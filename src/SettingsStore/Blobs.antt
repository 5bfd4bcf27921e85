-- ===== src/SettingsStore/Blobs.antt =====
-- firmware/src/settings_store.c: the structures in memory, and back.
use safe_key_vault.Prelude.{
  ℕ, ◌+◌, ◌*◌, ◌/◌, ◌%◌, ◌^◌, ◌<◌, ◌≡◌, refl, arith, ap, sym, ◌∙◌, Bool, true, false, not, ◌==◌,
  some, length, ==_iff,
}
use safe_key_vault.FirmwareTypes.{RuntimeSettings}
use safe_key_vault.SecurityUtils.Hash.{security_fnv1a32-lt}
use safe_key_vault.StorageBackend.{Bytes, word}
use safe_key_vault.SettingsStore.{
  bool_byte, settings_bytes, settings_of, blob_bytes, blob_of, settings_crc, with_default,
  build_blob,
}
use safe_key_vault.SettingsStore.Records.{accept_plaintext}

-- The values that the fields of the structure hold.
abbrev pub IsStorable : RuntimeSettings → Type 0
IsStorable r =
    (r.autolock_seconds < 65536)
    × (r.pin_attempt_limit < 256)
    × (r.default_account_index < 256)
    × (r.totp_display_mode < 256)

flag_back : (b : Bool) → not (bool_byte b == 0) ≡ b
flag_back true = refl
flag_back false = refl

word_back :
    (n : ℕ) → n < 2 ^ 32 → word (n % 256) (n / 256 % 256) (n / 65536 % 256) (n / 16777216 % 256) ≡ n
word_back n small = omega arith

settings_bytes-settings_of :
    (pad : ℕ) (r : RuntimeSettings) → IsStorable r → settings_of (settings_bytes pad r) ≡ r
unfolding settings_bytes settings_of
settings_bytes-settings_of pad r (a, b, c, d) =
    let short : r.autolock_seconds % 256 + r.autolock_seconds / 256 % 256 * 256
        ≡ r.autolock_seconds =
      omega arith in
    let x : r.pin_attempt_limit % 256 ≡ r.pin_attempt_limit = omega arith in
    let y : r.default_account_index % 256 ≡ r.default_account_index = omega arith in
    let z : r.totp_display_mode % 256 ≡ r.totp_display_mode = omega arith in
    simp (short, x, y, z, flag_back)

with_default-IsStorable : (r : RuntimeSettings) → IsStorable r → IsStorable (with_default r)
unfolding with_default
with_default-IsStorable r h = ground arith

with_default_twice : (r : RuntimeSettings) → with_default (with_default r) ≡ with_default r
unfolding with_default
with_default_twice r = ground arith

pub length-blob_bytes :
    (pad : ℕ) (r : RuntimeSettings) → length (blob_bytes (build_blob pad r)) ≡ 40
unfolding blob_bytes build_blob settings_bytes
length-blob_bytes pad r = refl

blob_back :
    (pad : ℕ) (r : RuntimeSettings)
    → let blob = blob_of (blob_bytes (build_blob pad r)) in
      let bytes = settings_bytes pad (with_default r) in
      (blob.settings ≡ bytes) × (blob.crc32 ≡ settings_crc bytes)
unfolding blob_bytes blob_of build_blob settings_bytes settings_crc
blob_back pad r =
    (refl, word_back (settings_crc (settings_bytes pad (with_default r))) (security_fnv1a32-lt _))

accept_eq :
    (plaintext bytes : Bytes)
    → length plaintext ≡ 40
    → (blob_of plaintext).settings ≡ bytes
    → (blob_of plaintext).crc32 ≡ settings_crc bytes
    → accept_plaintext (some plaintext) ≡ some (with_default (settings_of bytes))
unfolding accept_plaintext
accept_eq plaintext bytes size here crc =
    let a : (length plaintext == 40) ≡ true = ground arith in
    let b : (settings_crc (blob_of plaintext).settings == (blob_of plaintext).crc32) ≡ true =
      (==_iff _ _).1 (ap settings_crc here ∙ sym crc) in
    rw (a, b, here) refl

-- What is read back of a blob that was built, where the settings are storable.
pub accept-build_blob :
    (pad : ℕ) (r : RuntimeSettings)
    → IsStorable r
    → accept_plaintext (some (blob_bytes (build_blob pad r))) ≡ some (with_default r)
accept-build_blob pad r h =
    let bytes = settings_bytes pad (with_default r) in
    let (here, crc) = blob_back pad r in
    let back = settings_bytes-settings_of pad (with_default r) (with_default-IsStorable r h) in
    accept_eq (blob_bytes (build_blob pad r)) bytes (length-blob_bytes pad r) here crc
    ∙ ap some (ap with_default back ∙ with_default_twice r)
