-- ===== src/SettingsStore/Lifecycle.antt =====
-- firmware/src/settings_store.c: `settings_store_init`, `settings_store_factory_reset`,
-- `settings_store_wipe` and the two debug calls.
use safe_key_vault.Prelude.{
  ℕ, zero, suc, ◌+◌, ◌*◌, ◌%◌, bit_xor, Bool, true, false, ◌||◌, not, Option, none, some, [], ◌∷◌,
  length, ltb, ◌==◌, if◌then◌else◌, Outcome, answer, ◌>>=◌,
}
use safe_key_vault.FirmwareTypes.{RuntimeSettings}
use safe_key_vault.StateMachine.{auto_lock_timeout_seconds_default}
use safe_key_vault.StorageBackend.{Bytes, storage_backend_init}
use safe_key_vault.StorageBackend.Calls.{WipeRun, storage_backend_wipe}
use safe_key_vault.CryptoEngine.{
  crypto_engine_init, crypto_engine_set_device_secret, crypto_engine_bind_atecc_slot,
}
use safe_key_vault.SettingsStore.{External, SaveRun, SettingsBlob, SettingsStore, empty_blob}
use safe_key_vault.SettingsStore.Records.{settings_store_save}

abbrev pub factory_settings : RuntimeSettings
factory_settings = record {
  auto_popup_enabled = true;
  manual_popup_requires_touch = true;
  require_touch_for_fill = true;
  hold_required_for_selection = true;
  autolock_seconds = auto_lock_timeout_seconds_default;
  pin_attempt_limit = 5;
  wipe_on_lockout = false;
  passkeys_enabled = false;
  totp_enabled = false;
  default_account_index = 0;
  auto_type_on_plugin = false;
  totp_display_mode = 0;
}

unfoldable pub settings_store_factory_reset :
    External → SaveRun → SettingsStore → Outcome SettingsStore
settings_store_factory_reset ext run s =
    settings_store_save ext run s (some factory_settings) >>= λ r. answer (r.0)

-- The state that `settings_store_wipe` resets to the factory settings.
unfoldable pub emptied : WipeRun → SettingsStore → SettingsStore
emptied hal s = record s {
  blob = empty_blob;
  encrypted_payload = [];
  storage = (storage_backend_wipe hal s.storage).0;
}

unfoldable pub settings_store_wipe :
    External → SaveRun → WipeRun → SettingsStore → Outcome (SettingsStore × Bool)
settings_store_wipe ext run hal s =
    if not s.initialized
    then answer (s, false)
    else settings_store_factory_reset ext run (emptied hal s) >>= λ reset. answer (reset, true)

unfoldable pub settings_store_debug_snapshot : SettingsStore → ℕ → Option (SettingsBlob × Bytes)
settings_store_debug_snapshot s out_payload_capacity =
    let len = length s.encrypted_payload in
    if not s.initialized
    then none
    else if len == 0 || ltb out_payload_capacity len
    then none
    else some (s.blob, s.encrypted_payload)

unfoldable pub settings_store_debug_restore :
    SettingsStore → SettingsBlob → Bytes → SettingsStore × Bool
settings_store_debug_restore s blob payload =
    let len = length payload in
    if not s.initialized
    then (s, false)
    else if len == 0 || ltb 128 len
    then (s, false)
    else (record s { blob = blob; encrypted_payload = payload }, true)

-- `default_master_key` and `default_atecc_pubkey`.
abbrev pub default_master_key : Bytes
default_master_key =
    0x2D ∷ 0x81 ∷ 0x57 ∷ 0x9A ∷ 0x44 ∷ 0xC6 ∷ 0x31 ∷ 0xE2 ∷ 0x0F ∷ 0xB8 ∷ 0x5C ∷ 0xD3 ∷ 0x6A ∷ 0x19
    ∷ 0xAE ∷ 0x70 ∷ 0x83 ∷ 0x2F ∷ 0xC9 ∷ 0x14 ∷ 0x5B ∷ 0xE7 ∷ 0x3A ∷ 0x91 ∷ 0x68 ∷ 0x04 ∷ 0xDD
    ∷ 0x27 ∷ 0xB1 ∷ 0x5E ∷ 0xF0 ∷ 0x3C ∷ []

abbrev pub default_atecc_pubkey : Bytes
default_atecc_pubkey =
    0xA1 ∷ 0x44 ∷ 0x7C ∷ 0x2E ∷ 0x53 ∷ 0xD7 ∷ 0x1B ∷ 0x90 ∷ 0x6F ∷ 0x08 ∷ 0xC2 ∷ 0x35 ∷ 0xE4 ∷ 0x79
    ∷ 0x1D ∷ 0xAF ∷ 0x58 ∷ 0xCB ∷ 0x21 ∷ 0x63 ∷ 0x96 ∷ 0x0A ∷ 0xF5 ∷ 0x3D ∷ 0xB0 ∷ 0x47 ∷ 0x89
    ∷ 0x12 ∷ 0xD8 ∷ 0x6C ∷ 0x24 ∷ 0xFE ∷ []

-- The bytes of the device secret from index i on.
unfoldable pub device_secret : ℕ → ℕ → Bytes
device_secret zero i = []
device_secret (suc left) i = bit_xor 0xA5 (i * 13 % 256) ∷ device_secret left (i + 1)

unfoldable pub settings_store_init : External → SettingsStore → SettingsStore
settings_store_init ext s =
    let keyed = ext.set_master_key (crypto_engine_init s.crypto) default_master_key in
    let secret = (crypto_engine_set_device_secret keyed (device_secret 32 0)).0 in
    let bound = (crypto_engine_bind_atecc_slot secret ext.slot_pubkey default_atecc_pubkey).0 in
    record {
      initialized = true;
      blob = empty_blob;
      encrypted_payload = [];
      encryption_counter = s.encryption_counter;
      crypto = bound;
      storage = storage_backend_init s.storage;
    }
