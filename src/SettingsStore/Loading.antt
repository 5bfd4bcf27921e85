-- ===== src/SettingsStore/Loading.antt =====
-- firmware/src/settings_store.c: a load leaves the storage backend as it is.
use safe_key_vault.Prelude.{
  ℕ, ◌≡◌, refl, arith, sym, ◌∙◌, subst, inl, inr, true, false, Option, some, none, answer, bind_inv,
  answer_same, Bool-cases, Option-cases, some_same, none-some, length, ◌==◌,
}
use safe_key_vault.FirmwareTypes.{RuntimeSettings}
use safe_key_vault.StorageBackend.{Bytes, Storage}
use safe_key_vault.StorageBackend.Calls.{storage_backend_read_latest}
use safe_key_vault.CryptoEngine.{crypto_engine_decrypt_aead}
use safe_key_vault.SettingsStore.{SettingsStore, settings_version, blob_aad}
use safe_key_vault.SettingsStore.Records.{
  settings_store_load, parse_record, parse_stored, fetch, accept_plaintext, open_payload,
}

-- The storage backend stays as it is.
abbrev pub IsOff : Storage → SettingsStore → Type 0
IsOff b t = t.storage ≡ b

parse_record-IsOff :
    (s t : SettingsStore) (bytes : Bytes) → parse_record s bytes ≡ some t → IsOff s.storage t
unfolding parse_record
parse_record-IsOff s t bytes h = ground arith

parse_stored-IsOff :
    (s t : SettingsStore) (read : Option (Bytes × ℕ))
    → parse_stored s read ≡ some t
    → IsOff s.storage t
unfolding parse_stored
parse_stored-IsOff s t none h = cc h
parse_stored-IsOff s t (some (bytes, schema_version)) h =
    elim (Bool-cases (schema_version == settings_version)) [
      | inl e ↦ parse_record-IsOff s t bytes (rw e at h)
      | inr e ↦ absurd (none-some (rw e at h))
    ]

fetch-IsOff :
    (flash_base : ℕ) (s t : SettingsStore) → fetch flash_base s ≡ some t → IsOff s.storage t
unfolding fetch
fetch-IsOff flash_base s t h = elim (Bool-cases (length s.encrypted_payload == 0)) [
  | inl e ↦
      parse_stored-IsOff s t (storage_backend_read_latest flash_base s.storage 300) (rw e at h)
  | inr e ↦ subst (IsOff s.storage) (some_same (rw e at h)) refl
]

open-IsOff :
    (s : SettingsStore) (out : SettingsStore × Option RuntimeSettings)
    → open_payload s ≡ answer out
    → IsOff s.storage out.0
unfolding open_payload
open-IsOff s out h =
    let plain =
      crypto_engine_decrypt_aead s.crypto s.encrypted_payload (blob_aad s.blob) s.blob.hmac_tag
        40 in
    let (_, _, same) = bind_inv plain (λ p. answer (s, accept_plaintext p)) h in
    subst (λ o. IsOff s.storage o.0) (answer_same same) refl

load_miss :
    (flash_base : ℕ) (s : SettingsStore)
    → s.initialized ≡ true
    → fetch flash_base s ≡ none
    → settings_store_load flash_base s ≡ answer (s, none)
unfolding settings_store_load
load_miss flash_base s here q = rw (q, here) refl

load_found :
    (flash_base : ℕ) (s held : SettingsStore)
    → s.initialized ≡ true
    → fetch flash_base s ≡ some held
    → settings_store_load flash_base s ≡ open_payload held
unfolding settings_store_load
load_found flash_base s held here q = rw (q, here) refl

load_shut :
    (flash_base : ℕ) (s : SettingsStore)
    → s.initialized ≡ false
    → settings_store_load flash_base s ≡ answer (s, none)
unfolding settings_store_load
load_shut flash_base s gone = rw gone refl

-- An answer that is the store itself.
pub same-IsOff {ℓ} :
    {A : Type ℓ} (s : SettingsStore) (a : A) (out : SettingsStore × A)
    → answer (s, a) ≡ answer out
    → IsOff s.storage out.0
same-IsOff s a out h = subst (λ o. IsOff s.storage o.0) (answer_same h) refl

pub load-IsOff :
    (flash_base : ℕ) (s : SettingsStore) (out : SettingsStore × Option RuntimeSettings)
    → settings_store_load flash_base s ≡ answer out
    → IsOff s.storage out.0
load-IsOff flash_base s out h = elim (Bool-cases s.initialized) [
  | inl e ↦ elim (Option-cases (fetch flash_base s)) [
    | inl q ↦ same-IsOff s none out (sym (load_miss flash_base s e q) ∙ h)
    | inr (held, q) ↦
        open-IsOff held out (sym (load_found flash_base s held e q) ∙ h)
        ∙ fetch-IsOff flash_base s held q
  ]
  | inr e ↦ same-IsOff s none out (sym (load_shut flash_base s e) ∙ h)
]
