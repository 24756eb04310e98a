-- ===== src/Sync/Accounts.antt =====
-- The counters of the rides across the steps of a synchronisation
-- (apps/server/src/balloon_crumbs_server/service.py).
use balloon_crumbs.Prelude.{
  ◌≡◌, refl, sym, ap, ◌∙◌, inl, inr, ℕ, ◌-◌, String, true, false, not, ◌&&◌, Option, none, some,
  List, [], ◌∷◌, ◌++◌, arith, str_eq, eq_iff, if◌then◌else◌, Option-cases, is_some, keep, sum_of,
  sum_of-append, sum_of-keep, eq_refl,
}
use balloon_crumbs.Result.{ok}
use balloon_crumbs.Models.{Ride, StoredEvent, Db, find_ride, put_ride}
use balloon_crumbs.Models.Rides.{find_ride-put_ride, find_ride-append, find_ride-id}
use balloon_crumbs.Env.{Env}
use balloon_crumbs.Sync.Event.{ValidatedEvent}
use balloon_crumbs.Sync.Store.{Batch, store_events, expired_event, event_of, purge_ride}
use balloon_crumbs.Sync.Usage.{size, count_in, bytes_in, store_events-IsTallied}
use balloon_crumbs.Sync.Handler.{get_or_claim_ride, touch_ride}

abbrev pub ride_count : Option Ride → ℕ
ride_count none = 0
ride_count (some r) = r.stored_event_count

abbrev pub ride_bytes : Option Ride → ℕ
ride_bytes none = 0
ride_bytes (some r) = r.stored_event_bytes

-- Every ride counts its stored events and their bytes; a ride that is not there has none.
pub record IsAccounted (rides : List Ride) (events : List StoredEvent) : Type 0 where
  pub counted : (id : String) → ride_count (find_ride id rides) ≡ count_in id events
  pub sized : (id : String) → ride_bytes (find_ride id rides) ≡ bytes_in id events

-- the ride that the session holds is the stored one
pub record Holds (ride : Ride) (rides : List Ride) (events : List StoredEvent) : Type 0 where
  pub accounted : IsAccounted rides events
  pub held : find_ride ride.id rides ≡ some ride

-- Writing back the ride that the session holds keeps the accounts, if the ride counts its new
-- events and the events of other rides are as many as before.
put_ride-Holds :
    (ride ride' : Ride) (rides : List Ride) (events events' : List StoredEvent)
    → Holds ride rides events
    → ride'.id ≡ ride.id
    → ((i : String)
        → (if str_eq ride.id i then ride'.stored_event_count else count_in i events)
          ≡ count_in i events')
    → ((i : String)
        → (if str_eq ride.id i then ride'.stored_event_bytes else bytes_in i events)
          ≡ bytes_in i events')
    → Holds ride' (put_ride ride' rides) events'
put_ride-Holds ride ride' rides events events' h same counts bytes =
    let there : is_some (find_ride ride'.id rides) ≡ true = rw (same, h.held) refl in
    record {
      accounted = record {
        counted = λ i.
            rw (find_ride-put_ride ride' rides i there, same)
              (ground (arith, counts i, h.accounted.counted i));
        sized = λ i.
            rw (find_ride-put_ride ride' rides i there, same)
              (ground (arith, bytes i, h.accounted.sized i));
      };
      held = rw (find_ride-put_ride ride' rides ride'.id there, eq_refl ride'.id);
    }

-- the expired rows of one ride are none of the rows of another
count_expired_other :
    (id i : String) (now : ℕ) (f : StoredEvent → ℕ) (events : List StoredEvent)
    → str_eq id i ≡ false
    → sum_of (λ e. event_of i e && expired_event id now e) f events ≡ 0
count_expired_other id i now f [] h = refl
count_expired_other id i now f (e ∷ events) h = ground (
  arith,
  count_expired_other id i now f events h,
  eq_iff e.ride_id i,
  eq_iff e.ride_id id,
  eq_iff id i,
)

count_expired_self :
    (id : String) (now : ℕ) (f : StoredEvent → ℕ) (events : List StoredEvent)
    → sum_of (λ e. event_of id e && expired_event id now e) f events
      ≡ sum_of (expired_event id now) f events
count_expired_self id now f [] = refl
count_expired_self id now f (e ∷ events) = ground (arith, count_expired_self id now f events)

purge-sum :
    (ride : Ride) (now : ℕ) (f : StoredEvent → ℕ) (rides : List Ride) (events : List StoredEvent)
    (i : String)
    → (if str_eq ride.id i
        then sum_of (event_of ride.id) f events - sum_of (expired_event ride.id now) f events
        else sum_of (event_of i) f events)
      ≡ sum_of (event_of i) f (keep (λ e. not (expired_event ride.id now e)) events)
purge-sum ride now f rides events i = ground (
  arith,
  eq_iff ride.id i,
  sum_of-keep (event_of i) (expired_event ride.id now) f events,
  sum_of-keep (event_of ride.id) (expired_event ride.id now) f events,
  count_expired_other ride.id i now f events,
  count_expired_self ride.id now f events,
)

-- Purging the expired events of a ride keeps the accounts.
pub purge-Holds :
    (ride : Ride) (now : ℕ) (rides : List Ride) (events : List StoredEvent)
    → Holds ride rides events
    → Holds
        (purge_ride now ride events)
        (put_ride (purge_ride now ride events) rides)
        (keep (λ e. not (expired_event ride.id now e)) events)
unfolding purge_ride
purge-Holds ride now rides events h =
    put_ride-Holds ride (purge_ride now ride events) rides events
      (keep (λ e. not (expired_event ride.id now e)) events) h refl
      (λ i.
        ground
          (arith, purge-sum ride now (λ _. 1) rides events i, h.accounted.counted ride.id, h.held))
      (λ i.
        ground (arith, purge-sum ride now size rides events i, h.accounted.sized ride.id, h.held))

pub touch-Holds :
    (env : Env) (ride : Ride) (now : ℕ) (rides : List Ride) (events : List StoredEvent)
    → Holds ride rides events
    → Holds (touch_ride env now ride) (put_ride (touch_ride env now ride) rides) events
unfolding touch_ride
touch-Holds env ride now rides events h =
    put_ride-Holds ride (touch_ride env now ride) rides events events h refl
      (λ i. ground (arith, h.accounted.counted ride.id, h.held, eq_iff ride.id i))
      (λ i. ground (arith, h.accounted.sized ride.id, h.held, eq_iff ride.id i))

-- Storing a batch counts what it adds.
pub store_events-Holds :
    (env : Env) (nonces : ℕ → List ℕ) (now : ℕ) (existing : List String)
    (batch : List ValidatedEvent) (ride : Ride) (next : ℕ) (rides : List Ride)
    (events : List StoredEvent) (b : Batch)
    → Holds ride rides events
    → store_events env nonces now existing batch
        (record { ride = ride; added = []; membership = []; next_row = next })
      ≡ ok b
    → Holds b.ride (put_ride b.ride rides) (events ++ b.added)
store_events-Holds env nonces now existing batch ride next rides events b h e =
    let t =
      store_events-IsTallied env nonces now existing ride.id ride.stored_event_count
        ride.stored_event_bytes batch
        (record { ride = ride; added = []; membership = []; next_row = next }) b e
        (record {
          same_ride = refl;
          counted = omega arith;
          sized = omega arith;
          owned = λ i k. refl;
        }) in
    put_ride-Holds ride b.ride rides events (events ++ b.added) h t.same_ride
      (λ i. rw (sum_of-append (event_of i) (λ _. 1) events b.added) (
        ground
          (arith, h.accounted.counted ride.id, h.held, eq_iff ride.id i, t.counted, t.owned i)))
      (λ i.
        rw (sum_of-append (event_of i) size events b.added)
          (ground (arith, h.accounted.sized ride.id, h.held, eq_iff ride.id i, t.sized, t.owned i)))

-- the row that is inserted for a ride that nobody has claimed
pub claims_new :
    (env : Env) (id token : String) (now : ℕ) (db mid : Db) (claimed : Ride)
    → get_or_claim_ride env id token now db ≡ (ok claimed, mid)
    → find_ride id db.rides ≡ none
    → (claimed.id ≡ id)
      × (claimed.stored_event_count ≡ 0)
      × (claimed.stored_event_bytes ≡ 0)
      × (mid.rides ≡ db.rides ++ claimed ∷ [])
unfolding get_or_claim_ride
claims_new env id token now db mid claimed e missing = ground arith

pub claims_events :
    (env : Env) (id token : String) (now : ℕ) (db mid : Db) (claimed : Ride)
    → get_or_claim_ride env id token now db ≡ (ok claimed, mid)
    → (mid.events ≡ db.events) × (mid.next_row ≡ db.next_row)
unfolding get_or_claim_ride
claims_events env id token now db mid claimed e = ground arith

pub claims_found :
    (env : Env) (id token : String) (now : ℕ) (db mid : Db) (claimed r : Ride)
    → get_or_claim_ride env id token now db ≡ (ok claimed, mid)
    → find_ride id db.rides ≡ some r
    → (claimed ≡ r) × (mid.rides ≡ db.rides)
unfolding get_or_claim_ride
claims_found env id token now db mid claimed r e found = ground arith

-- A claimed ride is held by the session, under the identity that was asked for.
pub claim-Holds :
    (env : Env) (id token : String) (now : ℕ) (db mid : Db) (claimed : Ride)
    → get_or_claim_ride env id token now db ≡ (ok claimed, mid)
    → IsAccounted db.rides db.events
    → Holds claimed mid.rides mid.events × (claimed.id ≡ id)
claim-Holds env id token now db mid claimed e h =
    let (events, _) = claims_events env id token now db mid claimed e in
    elim (Option-cases (find_ride id db.rides)) [
      | inl missing ↦
          let (same, count, bytes, rides) = claims_new env id token now db mid claimed e missing in
          let absent : find_ride claimed.id db.rides ≡ none = rw same missing in
          (
            record {
              accounted = record {
                counted = λ i.
                    rw (rides, events, find_ride-append claimed db.rides i absent)
                      (ground (
                        arith,
                        count,
                        same,
                        eq_iff claimed.id i,
                        h.counted i,
                        h.counted id,
                        missing,
                      ));
                sized = λ i.
                    rw (rides, events, find_ride-append claimed db.rides i absent)
                      (ground
                        (arith, bytes, same, eq_iff claimed.id i, h.sized i, h.sized id, missing));
              };
              held =
                  rw (
                    rides,
                    find_ride-append claimed db.rides claimed.id absent,
                    eq_refl claimed.id,
                  );
            },
            same,
          )
      | inr (r, found) ↦
          let (same, rides) = claims_found env id token now db mid claimed r e found in
          let named = ap (λ (x : Ride). x.id) same ∙ find_ride-id db.rides id r found in
          (
            record {
              accounted = record {
                counted = λ i. rw (rides, events) (h.counted i);
                sized = λ i. rw (rides, events) (h.sized i);
              };
              held =
                  rw rides
                    (ap (λ (x : String). find_ride x db.rides) named ∙ found ∙ ap some (sym same));
            },
            named,
          )
    ]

----------

* [YOUR ASSIGNMENT]
The entries above hold a line with "pin_attempt_limit = 5;" and a later line with "SettingsStore → SettingsBlob". Write out exactly those lines and all lines between, nothing more.

* [ANSWER FOR THIS EXERCISE]
  pin_attempt_limit = 5;
  wipe_on_lockout = false;
  passkeys_enabled = false;
  totp_enabled = false;
  default_account_index = 0;
  auto_type_on_plugin = false;
  totp_display_mode = 0;
}

unfoldable pub settings_store_factory_reset :
    External → SaveRun → SettingsStore → Outcome SettingsStore
settings_store_factory_reset ext run s =
    settings_store_save ext run s (some factory_settings) >>= λ r. answer (r.0)

-- The state that `settings_store_wipe` resets to the factory settings.
unfoldable pub emptied : WipeRun → SettingsStore → SettingsStore
emptied hal s = record s {
  blob = empty_blob;
  encrypted_payload = [];
  storage = (storage_backend_wipe hal s.storage).0;
}

unfoldable pub settings_store_wipe :
    External → SaveRun → WipeRun → SettingsStore → Outcome (SettingsStore × Bool)
settings_store_wipe ext run hal s =
    if not s.initialized
    then answer (s, false)
    else settings_store_factory_reset ext run (emptied hal s) >>= λ reset. answer (reset, true)

unfoldable pub settings_store_debug_snapshot : SettingsStore → ℕ → Option (SettingsBlob × Bytes)
settings_store_debug_snapshot s out_payload_capacity =
    let len = length s.encrypted_payload in
    if not s.initialized
    then none
    else if len == 0 || ltb out_payload_capacity len
    then none
    else some (s.blob, s.encrypted_payload)

unfoldable pub settings_store_debug_restore :
    SettingsStore → SettingsBlob → Bytes → SettingsStore × Bool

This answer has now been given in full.